# Oakly and Caue Enjoying the Warm Day



## AmberSunrise (Apr 1, 2009)

Beautiful shots  

It was in the 50s here in CT too; bright sunny skies and it seemed almost a shame to do anything inside.


----------



## AlanK (Jun 28, 2008)

I think you kinda like those two What a great weekend day they look to have had. All of those pictures are GReat. The second and 3rd one are just awesome testament to what buddy's are


----------



## Finn's Fan (Dec 22, 2007)

Great shots, Rob! It was in the 50s here, too, warm enough for Finn to run next door and steal labby Zeke's tennis balls


----------



## janine (Aug 8, 2009)

Great shots I always love your pictures....My husband and I took our boys for a nice warm walk at the park and creek today, took my little wimpy camera and really thought I wish I had a cool camera like Rob has!!! Someday


----------



## Nola09 (Dec 20, 2009)

At first i was like "You must be in the west coast" then i seen the snow:no:

Good Looking shots and even better looken Pups


----------



## tennisball (Oct 14, 2009)

Great pics! I love the 6th one.


----------



## Eleanor's Mom (Nov 6, 2009)

It was beautiful in Massachusetts as well and Eleanor and I enjoyed a long morning walk in the woods- I am glad you guys got to get out and enjoy this wonderful spring day. Your boys look like they were having so much fun. That's quite a tongue there in some of the shots!!


----------



## FranH (May 8, 2005)

Great pics! I love the one where they are side by side......best buddies for sure!


----------



## Sophie_Mom (Jan 21, 2009)

#6 was my favorite! What great pictures!! Beautiful boys, great friends. Loved them!


----------



## C's Mom (Dec 7, 2009)

They are so beautiful and I love the pic of them side by side. Your dogs look very happy. You are certainly giving them a great life.


----------



## Jazz & Jules (Feb 25, 2007)

Rob, Caue & Oakly have certainly become quite the twosome.

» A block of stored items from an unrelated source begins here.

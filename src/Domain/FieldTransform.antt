-- ===== src/Domain/FieldTransform.antt =====
-- crates/embyr-core/src/domain/field_transform.rs. A transform returns the new fields in place of
-- changing them, with the value that it contributes to the write's result.
pub mod Fields
pub mod Numeric
pub mod Arrays
use embyr_rs.Base.{
  Bool, true, false, not, ◌&&◌, ◌||◌, Option, none, some, List, if◌then◌else◌, Result, ok, err,
  ◌>>=◌,
}
use embyr_rs.Base.Int.{ℤ, pos, ◌+ℤ◌, fits_i64}
use embyr_rs.Base.Text.{Text, codes}
use embyr_rs.Base.Dict.{Dict, get, insert}
use embyr_rs.Domain.Error.{CoreError, invalid_argument}
use embyr_rs.Domain.FieldValue.{
  Float, FieldValue, Values, integer, double, timestamp, array, no_values, value, value_eq,
}

-- `FieldTransform` of storage/backend_adapter.rs.
pub data FieldTransform (F : Type 0) : Type 0 where
  server_timestamp : Text → FieldTransform F
  increment maximum minimum : Text → FieldValue F → FieldTransform F
  append_missing_elements remove_all_from_array : Text → Values F → FieldTransform F

pub data Extremum : Type 0 where
  maximum minimum : Extremum

-- `i64::checked_add`.
unfoldable pub checked_add : ℤ → ℤ → Option ℤ
checked_add a b = if fits_i64 (a +ℤ b) then some (a +ℤ b) else none

abbrev pub or_overflow : {F : Type 0} → Option ℤ → Result CoreError (FieldValue F)
or_overflow (some c) = ok (integer c)
or_overflow none = err (invalid_argument (codes "increment overflow: result exceeds i64 range"))

unfoldable pub extremum_error : Extremum → Bool → CoreError
extremum_error Extremum.maximum true = invalid_argument (codes "maximum comparand must be numeric")
extremum_error Extremum.minimum true = invalid_argument (codes "minimum comparand must be numeric")
extremum_error Extremum.maximum false = invalid_argument (codes "maximum target is not numeric")
extremum_error Extremum.minimum false = invalid_argument (codes "minimum target is not numeric")

module _ {F : Type 0} where
  abbrev pub is_numeric : FieldValue F → Bool
  is_numeric (integer i) = true
  is_numeric (double d) = true
  is_numeric _ = false

module _ {F : Type 0} ⦃float : Float F⦄ where
  -- Only called on numeric values.
  unfoldable pub as_f64 : FieldValue F → F
  as_f64 (integer i) = float.of_i64 i
  as_f64 (double d) = d
  as_f64 _ = float.zero

  unfoldable pub zero_like : FieldValue F → FieldValue F
  zero_like (double d) = double float.zero
  zero_like _ = integer (pos 0)

  unfoldable pub add_numeric : FieldValue F → FieldValue F → Result CoreError (FieldValue F)
  unfolding as_f64
  add_numeric (integer c) (integer d) = or_overflow (checked_add c d)
  add_numeric current delta = ok (double (float.add (as_f64 current) (as_f64 delta)))

  -- The value that an increment starts from.
  unfoldable pub increment_base :
      Option (FieldValue F) → FieldValue F → Result CoreError (FieldValue F)
  unfolding zero_like
  increment_base none delta = ok (zero_like delta)
  increment_base (some v) delta =
      if is_numeric v
      then ok v
      else err (invalid_argument (codes "increment target is not numeric"))

  unfoldable pub compute_increment :
      Option (FieldValue F) → FieldValue F → Result CoreError (FieldValue F)
  compute_increment current delta =
      if not (is_numeric delta)
      then err (invalid_argument (codes "increment delta must be numeric"))
      else (do base ← increment_base current delta; add_numeric base delta)

  unfoldable pub current_wins : FieldValue F → FieldValue F → Extremum → Bool
  unfolding as_f64
  current_wins current given Extremum.maximum = float.le (as_f64 given) (as_f64 current)
  current_wins current given Extremum.minimum = float.le (as_f64 current) (as_f64 given)

  unfoldable pub pick_extremum : FieldValue F → FieldValue F → Extremum → FieldValue F
  pick_extremum current given which = if current_wins current given which then current else given

  unfoldable pub compute_extremum :
      Option (FieldValue F) → FieldValue F → Extremum → Result CoreError (FieldValue F)
  compute_extremum none given which =
      if not (is_numeric given) then err (extremum_error which true) else ok given
  compute_extremum (some v) given which =
      if not (is_numeric given)
      then err (extremum_error which true)
      else if is_numeric v
      then ok (pick_extremum v given which)
      else err (extremum_error which false)

  -- `slice::contains`.
  unfoldable pub contains : Values F → FieldValue F → Bool
  contains no_values x = false
  contains (value v vs) x = value_eq v x || contains vs x

  unfoldable pub push : Values F → FieldValue F → Values F
  push no_values x = value x no_values
  push (value v vs) x = value v (push vs x)

  abbrev pub add_missing : Values F → FieldValue F → Values F
  add_missing merged v = if contains merged v then merged else push merged v

  -- The loop of `append_missing_elements`.
  unfoldable pub append_missing : Values F → Values F → Values F
  append_missing merged no_values = merged
  append_missing merged (value v vs) = append_missing (add_missing merged v) vs

  -- The filter of `remove_all_from_array`.
  unfoldable pub retain : Values F → Values F → Values F
  retain no_values given = no_values
  retain (value v vs) given =
      let rest = retain vs given in if contains given v then rest else value v rest

  unfoldable pub append_missing_to : Option (FieldValue F) → Values F → Result CoreError (Values F)
  append_missing_to none given = ok (append_missing no_values given)
  append_missing_to (some (array existing)) given = ok (append_missing existing given)
  append_missing_to (some _) given =
      err (invalid_argument (codes "appendMissingElements target is not an array"))

  unfoldable pub remove_all_from :
      Dict (FieldValue F)
      → Text
      → Option (FieldValue F)
      → Values F
      → Result CoreError (Dict (FieldValue F))
  remove_all_from fields field_path none given = ok fields
  remove_all_from fields field_path (some (array existing)) given =
      ok (insert field_path (array (retain existing given)) fields)
  remove_all_from fields field_path (some _) given =
      err (invalid_argument (codes "removeAllFromArray target is not an array"))

  -- `fields.insert(…); Ok(Some(value))`
  abbrev pub store :
      Dict (FieldValue F) → Text → FieldValue F → Dict (FieldValue F) × Option (FieldValue F)
  store fields field_path v = (insert field_path v fields, some v)

  unfoldable pub apply_field_transform :
      Dict (FieldValue F)
      → FieldTransform F
      → ℤ × ℤ
      → Result CoreError (Dict (FieldValue F) × Option (FieldValue F))
  apply_field_transform fields (server_timestamp field_path) (secs, nanos) =
      ok (store fields field_path (timestamp secs nanos))
  apply_field_transform fields (FieldTransform.increment field_path delta) now = do
    v ← compute_increment (get field_path fields) delta
    ok (store fields field_path v)
  apply_field_transform fields (FieldTransform.maximum field_path given) now = do
    v ← compute_extremum (get field_path fields) given Extremum.maximum
    ok (store fields field_path v)
  apply_field_transform fields (FieldTransform.minimum field_path given) now = do
    v ← compute_extremum (get field_path fields) given Extremum.minimum
    ok (store fields field_path v)
  apply_field_transform fields (append_missing_elements field_path given) now = do
    merged ← append_missing_to (get field_path fields) given
    ok (insert field_path (array merged) fields, none)
  apply_field_transform fields (remove_all_from_array field_path given) now = do
    fields' ← remove_all_from fields field_path (get field_path fields) given
    ok (fields', none)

Before Caue came into the picture, you made having just Oakly look like such a busy task with your trips and adventures. Oakly's life seems full and unwanting. He certainly needed for nothing.

Then Caue became available and not the first one to come available or needing a home on the forum. Yet with Caue, your senses came alert, you zoned in and the next thing you know, a part of your life you didn't even know was missing was now filled with even more love and joy.

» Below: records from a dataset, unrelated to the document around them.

-- ===== src/Domain/FieldTransform/Arrays.antt =====
-- The array transforms: what is appended, what is removed, and that a second run changes nothing.
use embyr_rs.Base.{
  true, false, ◌||◌, List, [], ◌∷◌, ◌++◌, ◌≡◌, refl, sym, ap, ◌∙◌, arith, Bool-cases, inl, inr, All,
}
use mathlib.Core.List.{append-nil, append_assoc}
use embyr_rs.Domain.FieldValue.{Float, FieldValue, Values, no_values, value, value_eq}
use embyr_rs.Domain.FieldTransform.{contains, push, add_missing, append_missing, retain}

module _ {F : Type 0} where
  -- The elements of an array, as a list.
  abbrev pub elements : Values F → List (FieldValue F)
  elements no_values = []
  elements (value v vs) = v ∷ elements vs

  elements-push :
      ⦃float : Float F⦄ (vs : Values F) (x : FieldValue F)
      → elements (push vs x) ≡ elements vs ++ x ∷ []
  unfolding push
  elements-push no_values x = refl
  elements-push (value v vs) x = ap (λ r. v ∷ r) (elements-push vs x)

module _ {F : Type 0} ⦃float : Float F⦄ where
  contains-push :
      (vs : Values F) (x y : FieldValue F)
      → contains (push vs x) y ≡ (contains vs y || value_eq x y)
  unfolding contains push
  contains-push no_values x y = ground arith
  contains-push (value v vs) x y = ground (arith, contains-push vs x y)

  contains_step :
      (merged : Values F) (v y : FieldValue F)
      → contains merged y ≡ true
      → contains (add_missing merged v) y ≡ true
  contains_step merged v y h = ground (arith, contains-push merged v y)

  append_missing_keeps :
      (merged given : Values F) (y : FieldValue F)
      → contains merged y ≡ true
      → contains (append_missing merged given) y ≡ true
  unfolding append_missing
  append_missing_keeps merged no_values y h = h
  append_missing_keeps merged (value v vs) y h =
      append_missing_keeps (add_missing merged v) vs y (contains_step merged v y h)

  -- Everything given is among the result, if it equals itself (as all but NaN does).
  append_missing-contains :
      (merged given : Values F)
      → All (λ v. value_eq v v ≡ true) (elements given)
      → All (λ v. contains (append_missing merged given) v ≡ true) (elements given)
  unfolding append_missing
  append_missing-contains merged no_values h = tt
  append_missing-contains merged (value v vs) (e, h) = (
    append_missing_keeps (add_missing merged v) vs v (ground (arith, contains-push merged v v)),
    append_missing-contains (add_missing merged v) vs h,
  )

  append_missing_present :
      (merged given : Values F)
      → All (λ v. contains merged v ≡ true) (elements given)
      → append_missing merged given ≡ merged
  unfolding append_missing
  append_missing_present merged no_values h = refl
  append_missing_present merged (value v vs) (e, h) = rw e (append_missing_present merged vs h)

  append_missing_suffix :
      (merged given : Values F)
      → (suffix : List (FieldValue F)) × (elements (append_missing merged given)
          ≡ elements merged ++ suffix)
  unfolding append_missing
  append_missing_suffix merged no_values = ([], sym (append-nil _))
  append_missing_suffix merged (value v vs) = elim (Bool-cases (contains merged v)) [
    | inl e ↦ rw e (append_missing_suffix merged vs)
    | inr e ↦
        let (suffix, s) = append_missing_suffix (push merged v) vs in
        rw e (v ∷ suffix, s ∙ simp (elements-push, append_assoc))
  ]

  -- Appending keeps the array as a prefix, leaves every given value among the elements, and does
  -- nothing when it is run again with the same values, each of which equals itself (NaN does not).
  pub append_missing_lem :
      (existing given : Values F)
      → All (λ v. value_eq v v ≡ true) (elements given)
      → ((suffix : List (FieldValue F)) × (elements (append_missing existing given)
            ≡ elements existing ++ suffix))
        × All (λ v. contains (append_missing existing given) v ≡ true) (elements given)
        × (append_missing (append_missing existing given) given ≡ append_missing existing given)
  append_missing_lem existing given h =
      let present = append_missing-contains existing given h in
      (
        append_missing_suffix existing given,
        present,
        append_missing_present (append_missing existing given) given present,
      )

  retain-absent :
      (vs given : Values F) → All (λ v. contains given v ≡ false) (elements (retain vs given))
  unfolding retain
  retain-absent no_values given = tt
  retain-absent (value v vs) given = elim (Bool-cases (contains given v)) [
    | inl e ↦ rw e (retain-absent vs given)
    | inr e ↦ rw e (e, retain-absent vs given)
  ]

  retain_unchanged :
      (vs given : Values F)
      → All (λ v. contains given v ≡ false) (elements vs)
      → retain vs given ≡ vs
  unfolding retain
  retain_unchanged no_values given h = refl
  retain_unchanged (value v vs) given (e, h) = rw e (ap (value v) (retain_unchanged vs given h))

  -- Removing leaves no element that equals a given value, and leaves an array with none of them as it
  -- is; so it does nothing when it is run again.
  pub retain_lem :
      (existing given : Values F)
      → All (λ v. contains given v ≡ false) (elements (retain existing given))
        × (All (λ v. contains given v ≡ false) (elements existing)
            → retain existing given ≡ existing)
        × (retain (retain existing given) given ≡ retain existing given)
  retain_lem existing given =
      let absent = retain-absent existing given in
      (
        absent,
        retain_unchanged existing given,
        retain_unchanged (retain existing given) given absent,
      )
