-- ===== src/Domain/FieldTransform/Fields.antt =====
-- Which fields a transform changes, and the value that it reports.
use embyr_rs.Base.{Option, none, some, ◌≡◌, ◌≢◌, ◌∙◌, arith, ok, >>=-ok, inl, inr, ◌⊎◌}
use embyr_rs.Base.Int.{ℤ}
use embyr_rs.Base.Text.{Text, text_eq_iff}
use embyr_rs.Base.Dict.{Dict, get, insert, get-insert, get-insert_self}
use embyr_rs.Domain.FieldValue.{Float, FieldValue, Values, array, timestamp}
use embyr_rs.Domain.FieldTransform.{
  FieldTransform, server_timestamp, increment, maximum, minimum, append_missing_elements,
  remove_all_from_array, compute_increment, compute_extremum, append_missing_to, remove_all_from,
  retain, apply_field_transform,
}

module _ {F : Type 0} where
  -- The field that a transform names.
  abbrev pub field_path : FieldTransform F → Text
  field_path (server_timestamp p) = p
  field_path (increment p v) = p
  field_path (maximum p v) = p
  field_path (minimum p v) = p
  field_path (append_missing_elements p vs) = p
  field_path (remove_all_from_array p vs) = p

  get-insert_other :
      (p j : Text) (v : FieldValue F) (fields : Dict (FieldValue F))
      → j ≢ p
      → get j (insert p v fields) ≡ get j fields
  get-insert_other p j v fields n = ground (arith, get-insert p j v fields, text_eq_iff p j)

module _ {F : Type 0} ⦃float : Float F⦄ where
  -- A value is stored in the field and reported, or stored without a report, or nothing happens.
  abbrev Effect : Text → Dict (FieldValue F) → Dict (FieldValue F) → Option (FieldValue F) → Type 0
  Effect p fields fields' r =
      ((v : FieldValue F) × (fields' ≡ insert p v fields) × ((r ≡ some v) ⊎ (r ≡ none)))
      ⊎ ((fields' ≡ fields) × (r ≡ none))

  remove_Effect :
      (fields fields' : Dict (FieldValue F)) (p : Text) (o : Option (FieldValue F)) (vs : Values F)
      → remove_all_from fields p o vs ≡ ok fields'
      → ((v : FieldValue F) × (fields' ≡ insert p v fields)) ⊎ (fields' ≡ fields)
  unfolding remove_all_from
  remove_Effect fields fields' p none vs h = inr (cc)
  remove_Effect fields fields' p (some (array xs)) vs h = inl (array (retain xs vs), cc)
  remove_Effect fields fields' p (some _) vs h = cc

  apply_Effect :
      (fields fields' : Dict (FieldValue F)) (t : FieldTransform F) (now : ℤ × ℤ)
      (r : Option (FieldValue F))
      → apply_field_transform fields t now ≡ ok (fields', r)
      → Effect (field_path t) fields fields' r
  unfolding apply_field_transform
  apply_Effect fields fields' (server_timestamp p) (s, n) r h = inl (timestamp s n, cc, inl (cc))
  apply_Effect fields fields' (increment p d) now r h =
      let (v, e, e') = >>=-ok (compute_increment (get p fields) d) _ h in inl (v, cc, inl (cc))
  apply_Effect fields fields' (maximum p d) now r h =
      let (v, e, e') = >>=-ok (compute_extremum (get p fields) d _) _ h in inl (v, cc, inl (cc))
  apply_Effect fields fields' (minimum p d) now r h =
      let (v, e, e') = >>=-ok (compute_extremum (get p fields) d _) _ h in inl (v, cc, inl (cc))
  apply_Effect fields fields' (append_missing_elements p vs) now r h =
      let (m, e, e') = >>=-ok (append_missing_to (get p fields) vs) _ h in
      inl (array m, cc, inr (cc))
  apply_Effect fields fields' (remove_all_from_array p vs) now r h =
      let (m, e, e') = >>=-ok (remove_all_from fields p (get p fields) vs) _ h in
      elim (remove_Effect fields m p (get p fields) vs e) [
        | inl (v, q) ↦ inl (v, cc, inr (cc))
        | inr q ↦ inr (cc, cc)
      ]

  -- A transform that succeeds changes its own field at most, and the value that it reports is the one
  -- that it stored there.
  pub apply_field_transform-get :
      (fields fields' : Dict (FieldValue F)) (t : FieldTransform F) (now : ℤ × ℤ)
      (r : Option (FieldValue F))
      → apply_field_transform fields t now ≡ ok (fields', r)
      → ((j : Text) → j ≢ field_path t → get j fields' ≡ get j fields)
        × ((v : FieldValue F) → r ≡ some v → get (field_path t) fields' ≡ some v)
  apply_field_transform-get fields fields' t now r h =
      elim (apply_Effect fields fields' t now r h) [
        | inl (v, e, o) ↦ (
          λ j n. rw e (get-insert_other (field_path t) j v fields n),
          λ w q. rw e (
              get-insert_self (field_path t) v fields
              ∙ (elim o [ inl reported ↦ cc | inr silent ↦ absurd (cc) ])),
        )
        | inr (e, q) ↦ (λ j n. rw e, λ w q'. absurd (cc))
      ]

The 3 of you have blossomed even more. Who knew that could even be possible.

I guess what I'm trying to say, (clearly in a long about way), thank you for taking Caue into your home and for loving your guys the way you do. Thank you for showing us all how it can be done. Mega hugs to you.

Oh, and um, I think those boys still have a lil' allergy to that camera going on (flapp-a-ear-syndrome), so I'm ready to take them whenever. Kay? Okay! Done deal! I'll wait at the end of the end of the drive for them.


----------



## Abbydabbydo (Jan 31, 2007)

Fabulous pics Rob! I am here nursing a crappy snotty cold and Abby has her crappy broken toe, so all we can do is watch the food channel and eat Papa Murphy's Pizza. We are jealous but glad someone else is having fun!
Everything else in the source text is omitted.